Incidentally, when I review a book that I've just read, I'll try and give a list of characters, as I did with The Villa Lilac Murder Case. But I read 焦茶色のパステル a year ago, and hunting for the furigana on the first entry of the characters would be too much work. Happily the Japanese Wikipedia has an article on the book which does just that.
Kanae (香苗) is unhappily married to a horse racing journalist, who has disappeared. The police want to question him about the disappearance of a university professor. Soon she learns that her husband, another man and two race horses have been killed. From the set up this feels like the kind of story, not rare in western mysteries, where a widow, who had not known what she wanted during her marriage, finds her true character, and surprises about her husband, after his death. But the story developes in a different direction. Kanae remains on the whole more a reactive and reflective character; and the driving force in the story is her friend Fumiko (芙美子), another journalist on the racing bulletin her husband had worked for.
I said that the puzzle is a relatively small part of the mystery. I would bet that it's also a bit too obvious for readers used to puzzle mysteries. Even so, this was a really enjoyable book. Part of this is perhaps Fumiko's character, which provides an answer to that question that so often runs through readers' heads when they read detective stories, "Why on earth aren't you going to the police?" The question just doesn't arise with Fumiko, who is recklessness personified.
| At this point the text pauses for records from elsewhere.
-- ===== src/Writer/Chunks.antt =====
-- The chunks of 32 bytes in which a script goes to the circuit.
pub mod Slices
use clementine_citeria.Common.{
  ℕ, zero, suc, ◌+◌, ◌-◌, ◌*◌, ◌/◌, ◌%◌, ◌^◌, ◌<◌, ◌≤◌, ◌≡◌, refl, ap, ◌∙◌, arith, List, [], ◌∷◌,
  ◌++◌, append_assoc, append-nil, length, length-append, take, drop, ltb, if◌then◌else◌, replicate,
  length-replicate, All, Bool, true, false, Bool-cases, ge→ltb, inl, inr,
}
use clementine_citeria.Common.Bytes.{Bytes, IsByte, IsHash}
use clementine_citeria.Hash.{Crypto}
use clementine_citeria.Env.{Environment, pure, ◌>>=◌, for_range}
use clementine_citeria.Env.Tape.{
  Item, bytes32, IsTape, Reads, Writes, Reads-pure, Reads-bind, Reads-32bytes, Writes-nil,
  Writes-then, Writes-32bytes, items_all, steps, Reads-for_range,
}
use clementine_citeria.Env.Mock.{slice?}
use clementine_citeria.Circuit.Transaction.{read_whole_chunk, read_chunks_and_update_hasher}
use clementine_citeria.Writer.Chunks.Slices.{
  length-take, length-drop, take-append, All-take, All-drop, All-zeros, All-join, take-drop_next,
  drop-all,
}
use clementine_citeria.Writer.{write_chunk, write_chunks}

-- `n` whole chunks, from the chunk `k` on.
unfoldable pub chunks : ℕ → ℕ → Bytes → List Bytes
chunks zero k bytes = []
chunks (suc n) k bytes = take 32 (drop (k * 32) bytes) ∷ chunks n (suc k) bytes

-- The last chunk, padded.
abbrev last_chunk : Bytes → List Bytes
last_chunk bytes =
    if ltb 0 (length bytes % 32)
    then (drop (length bytes / 32 * 32) bytes ++ replicate (32 - length bytes % 32) 0) ∷ []
    else []

abbrev hash_items : List Bytes → List Item
hash_items bs = items_all (λ b. bytes32 b ∷ []) bs

unfoldable pub chunk_items : Bytes → List Item
chunk_items bytes = hash_items (chunks (length bytes / 32) 0 bytes) ++ hash_items (last_chunk bytes)

chunks-IsHash :
    (n k : ℕ) (bytes : Bytes)
    → All IsByte bytes
    → (k + n) * 32 ≤ length bytes
    → All IsHash (chunks n k bytes)
unfolding chunks
chunks-IsHash zero k bytes h fits = tt
chunks-IsHash (suc n) k bytes h fits = (
  (
    length-take 32 (drop (k * 32) bytes) (omega (arith, length-drop (k * 32) bytes)),
    All-take 32 (drop (k * 32) bytes) (All-drop (k * 32) bytes h),
  ),
  chunks-IsHash n (suc k) bytes h (omega arith),
)

length-chunks : (n k : ℕ) (bytes : Bytes) → length (chunks n k bytes) ≡ n
unfolding chunks
length-chunks zero k bytes = refl
length-chunks (suc n) k bytes = ap suc (length-chunks n (suc k) bytes)

-- The hasher after the whole chunks.
steps-chunks :
    (n k i : ℕ) (bytes hasher : Bytes)
    → steps (λ _ h chunk. h ++ chunk) i hasher (chunks n k bytes) ++ drop ((k + n) * 32) bytes
      ≡ hasher ++ drop (k * 32) bytes
unfolding chunks
steps-chunks zero k i bytes hasher = let e : k + 0 ≡ k = omega arith in rw e
steps-chunks (suc n) k i bytes hasher =
    let e : k + suc n ≡ suc k + n = omega arith in
    let e' : suc k * 32 ≡ k * 32 + 32 = omega arith in
    rw e (
      steps-chunks n (suc k) (suc i) bytes (hasher ++ take 32 (drop (k * 32) bytes))
      ∙ rw (
        append_assoc hasher (take 32 (drop (k * 32) bytes)) (drop (suc k * 32) bytes),
        e',
        take-drop_next (k * 32) 32 bytes,
      ))

last-length : (bytes : Bytes) → length (drop (length bytes / 32 * 32) bytes) ≡ length bytes % 32
last-length bytes = omega (arith, length-drop (length bytes / 32 * 32) bytes)

padded-IsHash :
    (bytes : Bytes)
    → All IsByte bytes
    → 0 < length bytes % 32
    → IsHash (drop (length bytes / 32 * 32) bytes ++ replicate (32 - length bytes % 32) 0)
padded-IsHash bytes h pos = (
  omega (
    arith,
    last-length bytes,
    length-replicate {A = ℕ} (32 - length bytes % 32) 0,
    length-append {0} (drop (length bytes / 32 * 32) bytes) (replicate (32 - length bytes % 32) 0),
  ),
  All-join (drop (length bytes / 32 * 32) bytes) (replicate (32 - length bytes % 32) 0)
      (All-drop (length bytes / 32 * 32) bytes h) (All-zeros (32 - length bytes % 32)),
)

module _ ⦃c : Crypto⦄ ⦃e : Environment⦄ ⦃i : IsTape e⦄ where
  Reads-whole_chunk :
      (k : ℕ) (hasher chunk : Bytes)
      → IsHash chunk
      → Reads (read_whole_chunk k hasher) (bytes32 chunk ∷ []) (hasher ++ chunk)
  unfolding read_whole_chunk
  Reads-whole_chunk k hasher chunk h =
      Reads-bind e.read_32bytes _ (bytes32 chunk ∷ []) [] chunk _ (Reads-32bytes chunk h)
        (Reads-pure _)

  Reads-last_chunk :
      (bytes hasher : Bytes)
      → All IsByte bytes
      → Reads
          (if ltb 0 (length bytes % 32)
            then e.read_32bytes >>= (λ chunk. pure (hasher ++ take (length bytes % 32) chunk))
            else pure hasher)
          (hash_items (last_chunk bytes))
          (hasher ++ drop (length bytes / 32 * 32) bytes)
  Reads-last_chunk bytes hasher h = elim (Bool-cases (ltb 0 (length bytes % 32))) [
    | inl some_left ↦
        let pos : 0 < length bytes % 32 = ground arith in
        let rest : Bytes = drop (length bytes / 32 * 32) bytes in
        let padding : Bytes = replicate (32 - length bytes % 32) 0 in
        let taken = take-append (length bytes % 32) rest padding (last-length bytes) in
        rw some_left (
          rw taken at (
            Reads-bind e.read_32bytes (λ chunk. pure (hasher ++ take (length bytes % 32) chunk))
              (bytes32 (rest ++ padding) ∷ []) [] (rest ++ padding)
              (hasher ++ take (length bytes % 32) (rest ++ padding))
              (Reads-32bytes (rest ++ padding) (padded-IsHash bytes h pos)) (Reads-pure _)))
    | inr none_left ↦
        let full : length bytes ≤ length bytes / 32 * 32 = ground arith in
        rw (none_left, drop-all (length bytes / 32 * 32) bytes full, append-nil) (Reads-pure hasher)
  ]

  -- The circuit's hasher takes in exactly the bytes of the script.
  pub read_chunks_lem :
      (bytes hasher : Bytes)
      → All IsByte bytes
      → Reads
          (read_chunks_and_update_hasher hasher (length bytes))
          (chunk_items bytes)
          (hasher ++ bytes)
  unfolding read_chunks_and_update_hasher chunk_items
  read_chunks_lem bytes hasher h =
      let n = length bytes / 32 in
      let whole = chunks-IsHash n 0 bytes h (omega arith) in
      let loop =
        Reads-for_range read_whole_chunk (λ b. bytes32 b ∷ []) (λ _ h chunk. h ++ chunk) IsHash
          Reads-whole_chunk (chunks n 0 bytes) 0 hasher whole in
      let e' : 0 + n ≡ n = omega arith in
      let joined = rw e' at (steps-chunks n 0 0 bytes hasher) in
      Reads-bind (for_range n 0 read_whole_chunk hasher) _ (hash_items (chunks n 0 bytes))
        (hash_items (last_chunk bytes))
        (steps (λ _ h chunk. h ++ chunk) 0 hasher (chunks n 0 bytes)) (hasher ++ bytes)
        (rw (length-chunks n 0 bytes) at loop)
        (rw joined at
          (Reads-last_chunk bytes (steps (λ _ h chunk. h ++ chunk) 0 hasher (chunks n 0 bytes)) h))

module _ ⦃e : Environment⦄ ⦃i : IsTape e⦄ where
  Writes-whole_chunks :
      (n k : ℕ) (bytes : Bytes)
      → (k + n) * 32 ≤ length bytes
      → Writes (for_range n k (write_chunk bytes) tt) (hash_items (chunks n k bytes))
  unfolding for_range chunks
  Writes-whole_chunks zero k bytes fits = Writes-nil
  Writes-whole_chunks (suc n) k bytes fits =
      Writes-then (write_chunk bytes k tt) (for_range n (suc k) (write_chunk bytes) tt)
        (bytes32 (take 32 (drop (k * 32) bytes)) ∷ []) (hash_items (chunks n (suc k) bytes))
        (one k bytes (omega arith)) (Writes-whole_chunks n (suc k) bytes (omega arith))
    where
      one :
          (k : ℕ) (bytes : Bytes)
          → k * 32 + 32 ≤ length bytes
          → Writes (write_chunk bytes k tt) (bytes32 (take 32 (drop (k * 32) bytes)) ∷ [])
      one k bytes fits = record {
        run = λ past rest.
            unfold write_chunk slice? ◌>>=◌ in
            rw (ge→ltb _ _ fits) (i.write_32bytes_last past rest (take 32 (drop (k * 32) bytes)));
      }

  -- The host writes the script in chunks, for any script shorter than 2 ^ 32 bytes.
  pub write_chunks_lem :
      (bytes : Bytes) → length bytes < 2 ^ 32 → Writes (write_chunks bytes) (chunk_items bytes)
  unfolding write_chunks chunk_items
  write_chunks_lem bytes small =
      let same : length bytes % 2 ^ 32 ≡ length bytes = omega arith in
      rw same (
        Writes-then (for_range (length bytes / 32) 0 (write_chunk bytes) tt) _
          (hash_items (chunks (length bytes / 32) 0 bytes)) (hash_items (last_chunk bytes))
          (Writes-whole_chunks (length bytes / 32) 0 bytes (omega arith))
          (last (ltb 0 (length bytes % 32))))
    where
      last :
          (b : Bool)
          → Writes
              (if b
                then e.write_32bytes
                    (drop (length bytes / 32 * 32) bytes ++ replicate (32 - length bytes % 32) 0)
                else pure tt)
              (hash_items (
                if b
                then (drop (length bytes / 32 * 32) bytes ++ replicate (32 - length bytes % 32) 0)
                  ∷ []
                else []))
      last true = Writes-32bytes _
      last false = Writes-nil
I include a scan of the cover of my rather tatty second hand copy, partly to show exactly what colour 焦茶色 in horses is supposed to be, partly because even this artwork is for my European eyes something unusual. It's a curious aspect of Japanese publishing that cover illustration is still normal. In the seventies artwork on the cover was just disappearing in England, and photographs were starting to be used. These days new books almost always use a photograph or a piece of classical art on the cover. In Japan that still seems to be the exception, reserved in the crime genre for the kind of thrillers that give the technical specifications or whatever machines gets used in their pages. Even unsophisticated illustration gives the impression that the publisher is making an effort. And a culture that still values artwork on book covers has the chance occasionally to produce something really good.